─── Data shown ───

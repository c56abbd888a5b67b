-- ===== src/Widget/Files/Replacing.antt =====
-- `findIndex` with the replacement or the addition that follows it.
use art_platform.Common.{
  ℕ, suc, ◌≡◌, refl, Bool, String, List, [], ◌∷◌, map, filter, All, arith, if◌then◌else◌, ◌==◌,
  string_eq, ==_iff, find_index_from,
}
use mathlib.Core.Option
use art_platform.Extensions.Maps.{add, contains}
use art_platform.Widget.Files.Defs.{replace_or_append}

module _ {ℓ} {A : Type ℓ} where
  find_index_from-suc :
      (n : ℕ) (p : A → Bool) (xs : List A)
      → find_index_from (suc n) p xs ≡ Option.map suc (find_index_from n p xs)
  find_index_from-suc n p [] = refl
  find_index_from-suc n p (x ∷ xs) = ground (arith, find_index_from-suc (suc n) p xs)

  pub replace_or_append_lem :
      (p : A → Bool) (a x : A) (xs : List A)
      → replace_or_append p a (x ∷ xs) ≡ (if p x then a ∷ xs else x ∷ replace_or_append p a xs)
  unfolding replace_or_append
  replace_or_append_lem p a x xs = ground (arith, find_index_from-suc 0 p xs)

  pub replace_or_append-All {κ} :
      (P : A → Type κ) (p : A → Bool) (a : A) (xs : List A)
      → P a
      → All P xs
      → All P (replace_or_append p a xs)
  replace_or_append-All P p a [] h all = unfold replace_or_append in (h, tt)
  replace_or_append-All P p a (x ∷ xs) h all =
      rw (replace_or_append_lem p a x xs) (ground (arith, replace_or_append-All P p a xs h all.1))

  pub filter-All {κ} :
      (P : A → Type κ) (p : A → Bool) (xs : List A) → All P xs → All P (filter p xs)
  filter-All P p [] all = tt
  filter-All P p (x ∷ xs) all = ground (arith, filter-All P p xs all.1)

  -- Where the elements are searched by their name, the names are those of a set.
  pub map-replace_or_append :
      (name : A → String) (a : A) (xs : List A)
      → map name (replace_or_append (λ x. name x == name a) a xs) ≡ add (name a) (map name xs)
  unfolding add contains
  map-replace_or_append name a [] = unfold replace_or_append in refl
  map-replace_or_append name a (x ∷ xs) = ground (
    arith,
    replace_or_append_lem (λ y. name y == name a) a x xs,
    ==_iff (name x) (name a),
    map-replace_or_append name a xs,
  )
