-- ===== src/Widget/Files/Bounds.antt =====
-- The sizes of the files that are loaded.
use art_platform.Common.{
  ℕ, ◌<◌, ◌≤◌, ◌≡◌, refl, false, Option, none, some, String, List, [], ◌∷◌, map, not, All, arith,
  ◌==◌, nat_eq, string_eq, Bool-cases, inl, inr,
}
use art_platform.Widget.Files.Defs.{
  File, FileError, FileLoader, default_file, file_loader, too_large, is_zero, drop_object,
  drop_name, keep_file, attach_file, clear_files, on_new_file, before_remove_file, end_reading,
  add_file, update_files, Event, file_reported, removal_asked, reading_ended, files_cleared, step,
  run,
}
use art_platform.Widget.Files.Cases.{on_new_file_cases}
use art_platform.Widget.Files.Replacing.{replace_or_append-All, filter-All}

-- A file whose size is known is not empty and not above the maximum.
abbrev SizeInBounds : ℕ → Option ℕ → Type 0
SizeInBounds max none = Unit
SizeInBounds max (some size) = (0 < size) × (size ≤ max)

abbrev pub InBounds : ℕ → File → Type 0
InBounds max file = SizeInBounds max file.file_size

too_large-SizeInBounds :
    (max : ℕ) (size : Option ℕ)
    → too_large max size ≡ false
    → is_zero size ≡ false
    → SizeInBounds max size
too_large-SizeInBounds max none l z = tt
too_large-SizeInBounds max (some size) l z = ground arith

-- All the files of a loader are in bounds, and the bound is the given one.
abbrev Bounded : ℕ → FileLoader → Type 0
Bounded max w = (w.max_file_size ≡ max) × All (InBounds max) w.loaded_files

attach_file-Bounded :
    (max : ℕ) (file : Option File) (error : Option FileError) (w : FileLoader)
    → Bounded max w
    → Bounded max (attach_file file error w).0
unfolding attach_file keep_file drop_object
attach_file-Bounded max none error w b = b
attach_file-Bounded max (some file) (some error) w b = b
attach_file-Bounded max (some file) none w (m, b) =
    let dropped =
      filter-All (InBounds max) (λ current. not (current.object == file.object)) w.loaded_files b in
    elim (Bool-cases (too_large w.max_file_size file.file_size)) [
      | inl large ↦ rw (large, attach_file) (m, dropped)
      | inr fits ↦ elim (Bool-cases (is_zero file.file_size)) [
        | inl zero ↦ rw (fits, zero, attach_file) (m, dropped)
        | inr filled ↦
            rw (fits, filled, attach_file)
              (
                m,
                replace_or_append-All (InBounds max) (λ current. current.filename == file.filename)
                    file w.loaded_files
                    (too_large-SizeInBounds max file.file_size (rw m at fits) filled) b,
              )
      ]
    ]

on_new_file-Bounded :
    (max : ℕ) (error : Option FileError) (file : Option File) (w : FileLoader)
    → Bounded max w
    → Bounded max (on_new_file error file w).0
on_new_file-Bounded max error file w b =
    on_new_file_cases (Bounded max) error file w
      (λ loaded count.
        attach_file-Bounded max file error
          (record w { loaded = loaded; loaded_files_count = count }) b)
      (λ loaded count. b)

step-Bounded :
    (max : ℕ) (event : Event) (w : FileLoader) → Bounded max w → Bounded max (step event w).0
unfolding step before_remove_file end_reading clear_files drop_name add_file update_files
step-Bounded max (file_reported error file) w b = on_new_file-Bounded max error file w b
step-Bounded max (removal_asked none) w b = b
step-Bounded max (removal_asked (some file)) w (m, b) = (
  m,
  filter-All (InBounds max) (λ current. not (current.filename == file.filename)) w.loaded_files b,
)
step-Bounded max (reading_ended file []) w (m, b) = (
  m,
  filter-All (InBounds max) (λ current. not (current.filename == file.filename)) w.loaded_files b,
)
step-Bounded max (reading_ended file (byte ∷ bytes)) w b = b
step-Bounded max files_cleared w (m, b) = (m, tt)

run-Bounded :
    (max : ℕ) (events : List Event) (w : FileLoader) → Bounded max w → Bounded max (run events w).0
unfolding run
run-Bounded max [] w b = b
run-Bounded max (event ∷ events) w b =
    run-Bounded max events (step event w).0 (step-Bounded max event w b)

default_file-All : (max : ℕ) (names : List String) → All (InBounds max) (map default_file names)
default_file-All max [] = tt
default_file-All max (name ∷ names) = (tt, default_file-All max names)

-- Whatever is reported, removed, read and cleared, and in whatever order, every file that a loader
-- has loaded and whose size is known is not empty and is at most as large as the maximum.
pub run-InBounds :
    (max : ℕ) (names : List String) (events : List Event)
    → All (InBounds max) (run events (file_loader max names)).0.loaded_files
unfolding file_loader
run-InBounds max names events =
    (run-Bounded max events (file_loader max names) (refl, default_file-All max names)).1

───
─── Data shown ───

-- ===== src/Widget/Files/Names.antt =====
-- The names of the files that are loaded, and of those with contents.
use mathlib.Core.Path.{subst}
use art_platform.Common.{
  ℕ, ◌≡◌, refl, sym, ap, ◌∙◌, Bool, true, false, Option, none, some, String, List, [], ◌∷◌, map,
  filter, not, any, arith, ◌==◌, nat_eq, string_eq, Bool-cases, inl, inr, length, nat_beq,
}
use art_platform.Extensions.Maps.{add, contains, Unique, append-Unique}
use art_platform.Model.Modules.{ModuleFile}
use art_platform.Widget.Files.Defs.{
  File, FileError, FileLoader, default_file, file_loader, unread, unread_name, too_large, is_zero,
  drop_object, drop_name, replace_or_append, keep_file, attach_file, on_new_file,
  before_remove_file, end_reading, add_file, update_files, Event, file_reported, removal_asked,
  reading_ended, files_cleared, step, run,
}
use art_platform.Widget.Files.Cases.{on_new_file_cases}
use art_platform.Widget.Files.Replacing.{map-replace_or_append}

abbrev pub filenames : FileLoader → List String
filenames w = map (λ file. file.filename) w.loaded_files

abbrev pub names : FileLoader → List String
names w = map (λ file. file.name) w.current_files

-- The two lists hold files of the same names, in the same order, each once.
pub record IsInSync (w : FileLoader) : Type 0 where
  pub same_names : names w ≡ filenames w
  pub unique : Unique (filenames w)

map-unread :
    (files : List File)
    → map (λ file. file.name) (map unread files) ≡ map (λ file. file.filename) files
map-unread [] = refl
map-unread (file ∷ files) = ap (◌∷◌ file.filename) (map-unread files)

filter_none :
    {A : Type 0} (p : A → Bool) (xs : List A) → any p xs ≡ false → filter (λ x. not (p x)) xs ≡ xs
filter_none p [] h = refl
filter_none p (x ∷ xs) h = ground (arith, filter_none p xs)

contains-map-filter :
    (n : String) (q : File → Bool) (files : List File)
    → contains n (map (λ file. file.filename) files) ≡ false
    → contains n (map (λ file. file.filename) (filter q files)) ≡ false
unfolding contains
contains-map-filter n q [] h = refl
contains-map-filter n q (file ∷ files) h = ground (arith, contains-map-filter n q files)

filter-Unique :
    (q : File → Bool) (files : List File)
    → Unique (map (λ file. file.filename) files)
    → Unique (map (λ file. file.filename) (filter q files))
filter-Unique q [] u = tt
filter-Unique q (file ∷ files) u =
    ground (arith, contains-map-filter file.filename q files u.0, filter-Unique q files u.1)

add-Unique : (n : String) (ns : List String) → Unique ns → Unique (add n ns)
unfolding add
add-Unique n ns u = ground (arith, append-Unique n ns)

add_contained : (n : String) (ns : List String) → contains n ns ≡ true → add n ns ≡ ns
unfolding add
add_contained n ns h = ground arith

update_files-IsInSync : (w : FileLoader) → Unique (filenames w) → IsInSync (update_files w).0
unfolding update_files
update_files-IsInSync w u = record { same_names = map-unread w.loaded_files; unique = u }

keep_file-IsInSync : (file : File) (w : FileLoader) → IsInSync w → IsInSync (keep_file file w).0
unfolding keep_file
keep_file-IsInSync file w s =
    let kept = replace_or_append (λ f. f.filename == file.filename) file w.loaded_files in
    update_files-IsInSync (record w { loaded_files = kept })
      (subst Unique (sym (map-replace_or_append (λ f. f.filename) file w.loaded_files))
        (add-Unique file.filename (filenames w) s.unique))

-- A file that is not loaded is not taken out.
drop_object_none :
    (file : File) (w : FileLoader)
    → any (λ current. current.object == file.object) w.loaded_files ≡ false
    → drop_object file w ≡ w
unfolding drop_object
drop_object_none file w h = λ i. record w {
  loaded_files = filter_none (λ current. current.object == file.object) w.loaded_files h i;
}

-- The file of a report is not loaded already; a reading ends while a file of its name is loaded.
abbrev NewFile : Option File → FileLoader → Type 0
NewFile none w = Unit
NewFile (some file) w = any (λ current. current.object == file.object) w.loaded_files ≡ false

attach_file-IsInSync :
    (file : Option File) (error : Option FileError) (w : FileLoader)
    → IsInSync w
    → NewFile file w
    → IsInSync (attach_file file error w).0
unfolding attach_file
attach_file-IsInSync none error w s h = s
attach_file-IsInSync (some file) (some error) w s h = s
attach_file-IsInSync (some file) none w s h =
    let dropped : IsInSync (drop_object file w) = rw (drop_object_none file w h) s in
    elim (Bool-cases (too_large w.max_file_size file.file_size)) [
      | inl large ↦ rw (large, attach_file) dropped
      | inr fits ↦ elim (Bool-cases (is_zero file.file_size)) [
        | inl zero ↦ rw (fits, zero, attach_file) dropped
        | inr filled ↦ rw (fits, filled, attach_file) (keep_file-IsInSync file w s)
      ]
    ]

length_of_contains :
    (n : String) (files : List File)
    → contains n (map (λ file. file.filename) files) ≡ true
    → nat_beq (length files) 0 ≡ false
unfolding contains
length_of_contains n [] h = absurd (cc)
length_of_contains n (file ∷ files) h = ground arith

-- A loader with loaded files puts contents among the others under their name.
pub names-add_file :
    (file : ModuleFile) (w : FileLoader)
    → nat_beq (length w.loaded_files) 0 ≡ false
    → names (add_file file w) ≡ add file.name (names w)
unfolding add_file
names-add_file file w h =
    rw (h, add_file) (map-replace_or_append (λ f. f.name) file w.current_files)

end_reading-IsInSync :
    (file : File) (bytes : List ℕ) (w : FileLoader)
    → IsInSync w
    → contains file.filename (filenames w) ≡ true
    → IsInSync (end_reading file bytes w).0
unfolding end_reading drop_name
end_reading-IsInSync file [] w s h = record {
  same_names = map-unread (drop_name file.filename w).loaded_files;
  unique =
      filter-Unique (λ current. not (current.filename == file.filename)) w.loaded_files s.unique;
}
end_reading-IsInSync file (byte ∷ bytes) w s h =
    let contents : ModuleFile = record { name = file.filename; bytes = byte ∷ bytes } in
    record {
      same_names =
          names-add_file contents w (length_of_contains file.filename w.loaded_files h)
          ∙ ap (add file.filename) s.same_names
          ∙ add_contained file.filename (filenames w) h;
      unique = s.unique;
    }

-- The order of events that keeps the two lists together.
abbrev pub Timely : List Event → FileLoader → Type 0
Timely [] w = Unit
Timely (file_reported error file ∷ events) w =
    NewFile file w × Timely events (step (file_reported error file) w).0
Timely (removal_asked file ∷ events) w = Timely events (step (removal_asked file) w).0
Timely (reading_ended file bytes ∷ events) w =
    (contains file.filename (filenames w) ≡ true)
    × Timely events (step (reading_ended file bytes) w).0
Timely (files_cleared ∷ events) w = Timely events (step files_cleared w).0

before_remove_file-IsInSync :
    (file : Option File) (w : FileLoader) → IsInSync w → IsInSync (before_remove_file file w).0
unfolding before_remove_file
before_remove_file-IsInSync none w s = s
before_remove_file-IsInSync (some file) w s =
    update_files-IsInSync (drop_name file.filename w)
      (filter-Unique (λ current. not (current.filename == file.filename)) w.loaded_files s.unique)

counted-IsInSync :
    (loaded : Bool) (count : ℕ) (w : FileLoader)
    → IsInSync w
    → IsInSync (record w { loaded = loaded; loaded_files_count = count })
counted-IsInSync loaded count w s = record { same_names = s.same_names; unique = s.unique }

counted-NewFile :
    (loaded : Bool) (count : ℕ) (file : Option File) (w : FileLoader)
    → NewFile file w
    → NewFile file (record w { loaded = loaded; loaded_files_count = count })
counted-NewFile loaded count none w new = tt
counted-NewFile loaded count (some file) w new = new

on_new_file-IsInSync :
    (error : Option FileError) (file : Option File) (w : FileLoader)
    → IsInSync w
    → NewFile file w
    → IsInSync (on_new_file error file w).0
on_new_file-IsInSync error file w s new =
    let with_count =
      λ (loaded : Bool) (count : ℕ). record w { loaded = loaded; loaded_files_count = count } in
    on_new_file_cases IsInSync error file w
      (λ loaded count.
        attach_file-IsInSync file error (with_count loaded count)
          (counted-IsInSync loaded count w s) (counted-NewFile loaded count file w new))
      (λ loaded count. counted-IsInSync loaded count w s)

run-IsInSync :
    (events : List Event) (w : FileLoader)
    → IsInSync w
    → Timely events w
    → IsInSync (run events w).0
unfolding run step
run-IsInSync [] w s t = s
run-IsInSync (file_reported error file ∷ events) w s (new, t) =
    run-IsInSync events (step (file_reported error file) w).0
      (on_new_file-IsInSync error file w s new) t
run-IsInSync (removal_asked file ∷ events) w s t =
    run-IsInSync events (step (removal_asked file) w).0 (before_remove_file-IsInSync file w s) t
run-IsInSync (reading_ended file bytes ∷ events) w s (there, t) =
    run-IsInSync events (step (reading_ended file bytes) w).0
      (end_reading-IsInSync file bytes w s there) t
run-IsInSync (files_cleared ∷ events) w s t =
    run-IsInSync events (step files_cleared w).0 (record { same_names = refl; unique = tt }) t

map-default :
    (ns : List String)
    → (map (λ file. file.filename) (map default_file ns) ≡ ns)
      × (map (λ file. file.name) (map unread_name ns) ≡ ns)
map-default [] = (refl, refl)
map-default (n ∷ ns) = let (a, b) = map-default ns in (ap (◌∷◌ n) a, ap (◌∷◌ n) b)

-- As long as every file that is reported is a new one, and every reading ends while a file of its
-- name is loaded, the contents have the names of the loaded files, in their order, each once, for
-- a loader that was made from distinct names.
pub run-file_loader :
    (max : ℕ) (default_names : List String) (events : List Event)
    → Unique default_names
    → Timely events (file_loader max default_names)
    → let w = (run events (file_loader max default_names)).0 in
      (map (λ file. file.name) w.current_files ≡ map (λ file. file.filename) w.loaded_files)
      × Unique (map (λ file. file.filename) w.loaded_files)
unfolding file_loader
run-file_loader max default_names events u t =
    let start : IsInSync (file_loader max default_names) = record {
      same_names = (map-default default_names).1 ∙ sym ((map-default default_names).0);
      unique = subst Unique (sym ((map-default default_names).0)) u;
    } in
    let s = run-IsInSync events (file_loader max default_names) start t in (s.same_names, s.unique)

───
─── Data shown ───

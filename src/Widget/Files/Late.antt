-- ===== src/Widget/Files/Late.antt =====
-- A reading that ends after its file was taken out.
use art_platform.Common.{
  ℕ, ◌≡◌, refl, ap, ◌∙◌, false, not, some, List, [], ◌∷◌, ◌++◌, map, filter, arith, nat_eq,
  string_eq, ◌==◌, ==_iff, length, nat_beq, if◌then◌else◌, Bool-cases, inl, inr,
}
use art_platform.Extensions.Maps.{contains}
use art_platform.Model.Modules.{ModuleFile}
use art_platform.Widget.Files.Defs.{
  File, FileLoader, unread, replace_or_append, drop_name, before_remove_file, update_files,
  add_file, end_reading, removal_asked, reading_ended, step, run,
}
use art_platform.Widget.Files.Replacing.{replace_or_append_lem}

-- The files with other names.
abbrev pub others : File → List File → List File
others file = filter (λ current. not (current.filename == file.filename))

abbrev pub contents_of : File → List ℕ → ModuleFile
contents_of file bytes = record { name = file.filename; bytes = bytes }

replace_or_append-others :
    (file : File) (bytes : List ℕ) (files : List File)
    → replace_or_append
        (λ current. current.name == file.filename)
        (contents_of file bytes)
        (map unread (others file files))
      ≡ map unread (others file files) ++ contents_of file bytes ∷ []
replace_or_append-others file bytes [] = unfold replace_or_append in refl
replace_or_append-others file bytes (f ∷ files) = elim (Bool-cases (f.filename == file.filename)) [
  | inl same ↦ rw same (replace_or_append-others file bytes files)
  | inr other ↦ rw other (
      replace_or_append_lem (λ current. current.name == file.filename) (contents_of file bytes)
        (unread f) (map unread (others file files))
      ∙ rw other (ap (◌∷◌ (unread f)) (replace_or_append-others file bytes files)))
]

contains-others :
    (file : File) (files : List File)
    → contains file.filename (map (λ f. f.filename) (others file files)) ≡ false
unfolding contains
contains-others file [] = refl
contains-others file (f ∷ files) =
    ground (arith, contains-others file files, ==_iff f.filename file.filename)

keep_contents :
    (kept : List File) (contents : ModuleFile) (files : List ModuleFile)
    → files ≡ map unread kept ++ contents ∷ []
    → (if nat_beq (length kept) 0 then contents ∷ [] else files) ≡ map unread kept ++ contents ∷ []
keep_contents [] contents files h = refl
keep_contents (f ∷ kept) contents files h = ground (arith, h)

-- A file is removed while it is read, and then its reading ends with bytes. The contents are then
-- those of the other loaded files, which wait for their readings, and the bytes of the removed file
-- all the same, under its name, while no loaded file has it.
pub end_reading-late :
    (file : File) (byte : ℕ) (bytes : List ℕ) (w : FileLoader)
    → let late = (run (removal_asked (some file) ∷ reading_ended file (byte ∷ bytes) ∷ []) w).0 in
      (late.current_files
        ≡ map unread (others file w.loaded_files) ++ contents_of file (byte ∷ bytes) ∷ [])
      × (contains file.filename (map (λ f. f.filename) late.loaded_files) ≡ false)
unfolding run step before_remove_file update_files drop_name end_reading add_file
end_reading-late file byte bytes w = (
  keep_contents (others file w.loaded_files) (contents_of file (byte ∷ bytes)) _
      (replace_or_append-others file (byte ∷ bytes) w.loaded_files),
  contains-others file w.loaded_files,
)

───

Problem to solve -> Extract exactly and only the lines above from the line containing "repository c56abbd888a5b67b" through the line containing "find_index_from-suc n p (x", both end lines included.

Answer space ->
repository c56abbd888a5b67b
-- ===== src/Widget/Files/Replacing.antt =====
-- `findIndex` with the replacement or the addition that follows it.
use art_platform.Common.{
  ℕ, suc, ◌≡◌, refl, Bool, String, List, [], ◌∷◌, map, filter, All, arith, if◌then◌else◌, ◌==◌,
  string_eq, ==_iff, find_index_from,
}
use mathlib.Core.Option
use art_platform.Extensions.Maps.{add, contains}
use art_platform.Widget.Files.Defs.{replace_or_append}

module _ {ℓ} {A : Type ℓ} where
  find_index_from-suc :
      (n : ℕ) (p : A → Bool) (xs : List A)
      → find_index_from (suc n) p xs ≡ Option.map suc (find_index_from n p xs)
  find_index_from-suc n p [] = refl
  find_index_from-suc n p (x ∷ xs) = ground (arith, find_index_from-suc (suc n) p xs)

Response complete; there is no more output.